Her first film was Las locuras de Tin-Tan with Germán Valdés made in 1951. After that, some of her favorite films were Frontera Norte (1953), Educando a Papá (1954), Pueblo de Proscritos (1955), and Los Platillos Voladores (1956).

From 1954-55, she filmed nine pictures in Cuba and when she returned she made Tropicana (1956), Superflaco (1957) and El Castillo de los Monstrous (1958). The last two were personal favorites, one because it was a musical and the other because it was an Abbott and Costello-type film and the actors in it were enjoyable to work with. In her later career, Elizondo filmed El Mistero de los Hongos Alucinantes (1967), Noche de Terror (1987), and the English-language film, A Walk in the Clouds (1994). She made over 75 films, mostly comedies and musicals, as she did not like dramatic works.

In 1959, she married an engineer, José Luis Paganoni. They separated in 1960. On 27 May 1960, Elizondo, who was participating in the play 30 minutos de amor at the Rotunda Theatre with Ramón Gay, had gone to dinner with Gay after their performance. The couple was accosted by Paganoni, and during the argument, Gay was shot. Elizondo called for an ambulance and Gay was taken to Rubén Leñero Hospital. He succumbed to his wounds on 28 May 1960.

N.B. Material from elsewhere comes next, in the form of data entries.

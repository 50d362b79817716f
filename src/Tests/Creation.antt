-- ===== src/Tests/Creation.antt =====
-- The creation pipeline at concrete options.
use par2rust.Base.{
  ℕ, ◌+◌, ◌<◌, ◌%◌, ◌≤◌, ◌≡◌, ◌↔◌, refl, arith, List, [], ◌∷◌, ◌++◌, length, replicate, All, none,
  some,
}
use par2rust.Volume.{uniform, sum}
use par2rust.Create.{
  CreateOptions, check_options, suggested_slice_size, total_bytes, div_ceil, volume_ranges,
  build_volume_packet,
}
use par2rust.Create.Guards.{Admissible, check_options-Admissible}
use par2rust.Create.Suggestion.{
  SlicedAt, no_files, one_more, suggested_slice_size-least, suggested_slice_size-enough,
}
use par2rust.Packet.{SourceFile}
use par2rust.Create.Volumes.{
  all_slots, volume_ranges-all_slots, IsSlot, packets_from, read_packets, read-build_volume_packet,
}
use par2rust.Tests.Packets.{constant_md5, id_of, source}

abbrev pub opts : CreateOptions
opts = record {
  output = b'a' ∷ [];
  slice_size = 8;
  recovery_block_count = 3;
  volume_scheme = uniform 2;
  comments = [];
}

check_options-Admissible_example :
    (check_options opts (source ∷ []) ≡ none) ↔ Admissible opts (source ∷ [])
check_options-Admissible_example = check_options-Admissible opts (source ∷ [])

-- Two files that the suggested slice size cuts into one slice more than the limit.
abbrev two_files : List SourceFile
two_files = record source { length = 65533 } ∷ record source { length = 65539 } ∷ []

two_files-suggested : suggested_slice_size two_files ≡ 4
unfolding suggested_slice_size total_bytes div_ceil
two_files-suggested = refl

two_files-SlicedAt_4 : SlicedAt (suggested_slice_size two_files) two_files 32769
two_files-SlicedAt_4 = rw two_files-suggested (
    one_more 16384 16385 (omega arith) (omega arith)
      (one_more 16385 0 (omega arith) (omega arith) no_files))

two_files-SlicedAt_8 : SlicedAt 8 two_files 16385
two_files-SlicedAt_8 =
    one_more 8192 8193 (omega arith) (omega arith)
      (one_more 8193 0 (omega arith) (omega arith) no_files)

suggested_slice_size-least_example :
    (suggested_slice_size two_files % 4 ≡ 0) × (suggested_slice_size two_files ≤ 8)
unfolding total_bytes
suggested_slice_size-least_example =
    suggested_slice_size-least two_files 8 16385 (omega arith) refl two_files-SlicedAt_8
      (omega arith)

suggested_slice_size-enough_example : 32769 < 32768 + length two_files
unfolding total_bytes
suggested_slice_size-enough_example =
    suggested_slice_size-enough two_files 32769 (omega arith) (omega arith) two_files-SlicedAt_4

abbrev buffers : List (List ℕ)
buffers = replicate 4 1 ∷ replicate 4 2 ∷ replicate 4 3 ∷ []

volume_ranges-all_slots_example :
    (ranges : List (ℕ × ℕ)) × (volume_ranges 0 (1 ∷ 2 ∷ []) ≡ some ranges)
    × (all_slots buffers ranges ≡ some buffers)
unfolding sum
volume_ranges-all_slots_example = volume_ranges-all_slots buffers (1 ∷ 2 ∷ []) refl (omega arith)

buffers-IsSlot : All IsSlot buffers
unfolding IsSlot
buffers-IsSlot = ((refl, omega arith), ((refl, omega arith), ((refl, omega arith), tt)))

read-build_volume_packet_example :
    (bytes : List ℕ) × (build_volume_packet constant_md5 (id_of 8) (1 ∷ 2 ∷ []) buffers 7
      ≡ some ((1 ∷ 2 ∷ []) ++ bytes))
    × (read_packets constant_md5 (length buffers) bytes
        ≡ some (packets_from (id_of 8) 7 buffers, 1 ∷ 2 ∷ []))
read-build_volume_packet_example =
    read-build_volume_packet constant_md5 (id_of 8) (1 ∷ 2 ∷ []) buffers 7 refl buffers-IsSlot
      (omega arith)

Shortly after that event, she recorded her first musical album, La sensacional Evangelina, which was released in 1961 and she has recorded numerous LPs and CDs. Her music spans from children's songs, to opera, to inspirational songs. She was the first woman to lead an orchestra, which she did for over 12 years.

Elizondo also performed in several telenovelas for both Televisa and TV Azteca. La frontera, El pecado de Oyuki, El abuelo y yo, Tres veces Sofía, Besos prohibidos and Mirada de Mujer, el regreso. In the last two, she performed as the character "Mamá Lena", who has become a cultural icon in Mexico. "Mama Lena" is the personification of traditional values meeting the modern world and the emotions that accompany the clashes that inevitably occur. In addition to serials, Elizondo has filmed several commercials, including commercials for American television. In 1996, she did a commercial for the California Milk Commission.

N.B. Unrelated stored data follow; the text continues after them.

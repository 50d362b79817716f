-- ===== src/Tests/Fused.antt =====
-- The fused run over two files that can be mapped.
use par2rust.Base.{
  ℕ, ◌≡◌, refl, ◌^◌, ◌<◌, arith, List, [], ◌∷◌, length, All, if◌then◌else◌, ◌==◌, some,
}
use par2rust.Buffer.{IsBytes}
use par2rust.Error.{gives}
use par2rust.Encode.Kernels.{table_kernel}
use par2rust.Source.{FileSystem, contains_nul, source_file, par_chunks, chunks_on}
use par2rust.Create.{run_create, total_input_blocks, div_ceil}
use par2rust.Create.Guards.{Admissible}
use par2rust.Create.Fused.{Input, run_create_fused, total_slices}
use par2rust.Create.Fused.Passes.{AreMapped, no_files, one_more, slices_of, sources_of, scan_of}
use par2rust.Create.Fused.Agreement.{run_create_fused-run_create}
use par2rust.Create.Fused.Fallback.{IsReadable, AreReadable, after_scans-run_create}
use par2rust.Create.Fused.Fallback
use par2rust.Source.Reads.{Delivers, is_answered}
use par2rust.Create.Fused.{after_scans}
use par2rust.Base.{none, inl}
use par2rust.Source.{up_to}
use par2rust.Tests.Packets.{constant_md5}
use par2rust.Tests.Creation.{opts}
use par2rust.Tests.Scans.{keeping, keeping-Streams}
use par2rust.Create.Delivery.{delivered_slices}
use par2rust.Create.Delivery.Slices.{delivered_slices-slices_of}

-- The file at a path of one byte, and the one at any other.
abbrev pub contents : List ℕ → List ℕ
contents path = if length path == 1 then 1 ∷ 2 ∷ 3 ∷ 4 ∷ 5 ∷ 6 ∷ 7 ∷ 8 ∷ 9 ∷ [] else 0xff ∷ []

abbrev fs : FileSystem
fs = record {
  metadata = λ path. gives (length (contents path));
  open_file = λ path. gives (record {
    reader = record { rest = contents path; answers = [] };
    mmap = some (contents path);
  });
}

abbrev first_input : Input
first_input = record { path = b'a' ∷ []; display_name = b'a' ∷ [] }

abbrev second_input : Input
second_input = record { path = b'/' ∷ b'b' ∷ []; display_name = b'b' ∷ [] }

abbrev inputs : List Input
inputs = first_input ∷ second_input ∷ []

abbrev pub files : List (List ℕ)
files = contents first_input.path ∷ contents second_input.path ∷ []

inputs-AreMapped : AreMapped fs 8 inputs files
unfolding contains_nul
inputs-AreMapped =
    one_more
      (record {
        named = refl;
        measured = refl;
        not_empty = omega arith;
        file = _;
        opens = refl;
        maps = refl;
        fits = omega arith;
      })
      (one_more
        (record {
          named = refl;
          measured = refl;
          not_empty = omega arith;
          file = _;
          opens = refl;
          maps = refl;
          fits = omega arith;
        })
        no_files)

files-IsBytes : All IsBytes files
files-IsBytes = (
  (
    omega arith,
    (
      omega arith,
      (
        omega arith,
        (
          omega arith,
          (omega arith, (omega arith, (omega arith, (omega arith, (omega arith, tt))))),
        ),
      ),
    ),
  ),
  ((omega arith, tt), tt),
)

inputs-Admissible : Admissible opts (sources_of constant_md5 length fs table_kernel 8 inputs files)
unfolding Admissible total_input_blocks sources_of source_file scan_of par_chunks chunks_on
inputs-Admissible = (omega arith, omega arith, omega arith, omega arith, refl, omega arith)

inputs-few : total_slices 8 (9 ∷ 1 ∷ []) < 2 ^ 64
unfolding total_slices div_ceil
inputs-few = omega arith

run_create_fused-run_create_example :
    run_create_fused constant_md5 length fs table_kernel keeping
      (λ output first count. output)
      opts
      inputs
      []
    ≡ run_create constant_md5
        (λ output first count. output)
        table_kernel
        opts
        (sources_of constant_md5 length fs table_kernel 8 inputs files)
        (slices_of 8 files)
run_create_fused-run_create_example =
    run_create_fused-run_create constant_md5 length fs table_kernel keeping
      (λ output first count. output) opts [] inputs-AreMapped files-IsBytes inputs-Admissible
      inputs-few

-- The same files where nothing can be mapped, and the first reads are short.
abbrev pub slow_fs : FileSystem
slow_fs = record {
  metadata = λ path. gives (length (contents path));
  open_file = λ path. gives (record {
    reader = record { rest = contents path; answers = up_to 0 ∷ up_to 2 ∷ [] };
    mmap = none;
  });
}

inputs-AreReadable : AreReadable slow_fs inputs files
unfolding contains_nul Delivers is_answered
inputs-AreReadable =
    Fallback.one_more
      (record {
        named = refl;
        measured = refl;
        not_empty = omega arith;
        file = _;
        opens = refl;
        maps = inl refl;
        holds = refl;
        delivers = (refl, (refl, tt));
      })
      (Fallback.one_more
        (record {
          named = refl;
          measured = refl;
          not_empty = omega arith;
          file = _;
          opens = refl;
          maps = inl refl;
          holds = refl;
          delivers = (refl, (refl, tt));
        })
        Fallback.no_files)

after_scans-run_create_example :
    after_scans constant_md5 length slow_fs table_kernel keeping
      (λ output first count. output)
      opts
      []
      []
      inputs
    ≡ run_create constant_md5
        (λ output first count. output)
        table_kernel
        opts
        (sources_of constant_md5 length slow_fs table_kernel 8 inputs files)
        []
after_scans-run_create_example =
    after_scans-run_create constant_md5 length slow_fs table_kernel keeping
      (λ output first count. output) keeping-Streams opts [] (omega arith) refl inputs-AreReadable

delivered_slices-slices_of_example :
    delivered_slices slow_fs 8 (sources_of constant_md5 length slow_fs table_kernel 8 inputs files)
    ≡ gives (slices_of 8 files)
delivered_slices-slices_of_example =
    delivered_slices-slices_of constant_md5 length slow_fs table_kernel 8 (omega arith)
      inputs-AreReadable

She studied various art media: acrylic with Froylán Ojeda, murals with Ignacio Aguirre, oils with Jorge Quiroz, who also taught her how to paint hands, and attended the National School of Painting "La Esmeralda". She studied with the master painter, José Bardasano Baos and in 1973, she held her first solo exhibition of her artworks. Initially her style was surrealistic with bold use of color, but her later works are more realistic depictions of animals, landscapes and people. As of 2014, she had participated in 64 group art showings and 15 solo exhibitions.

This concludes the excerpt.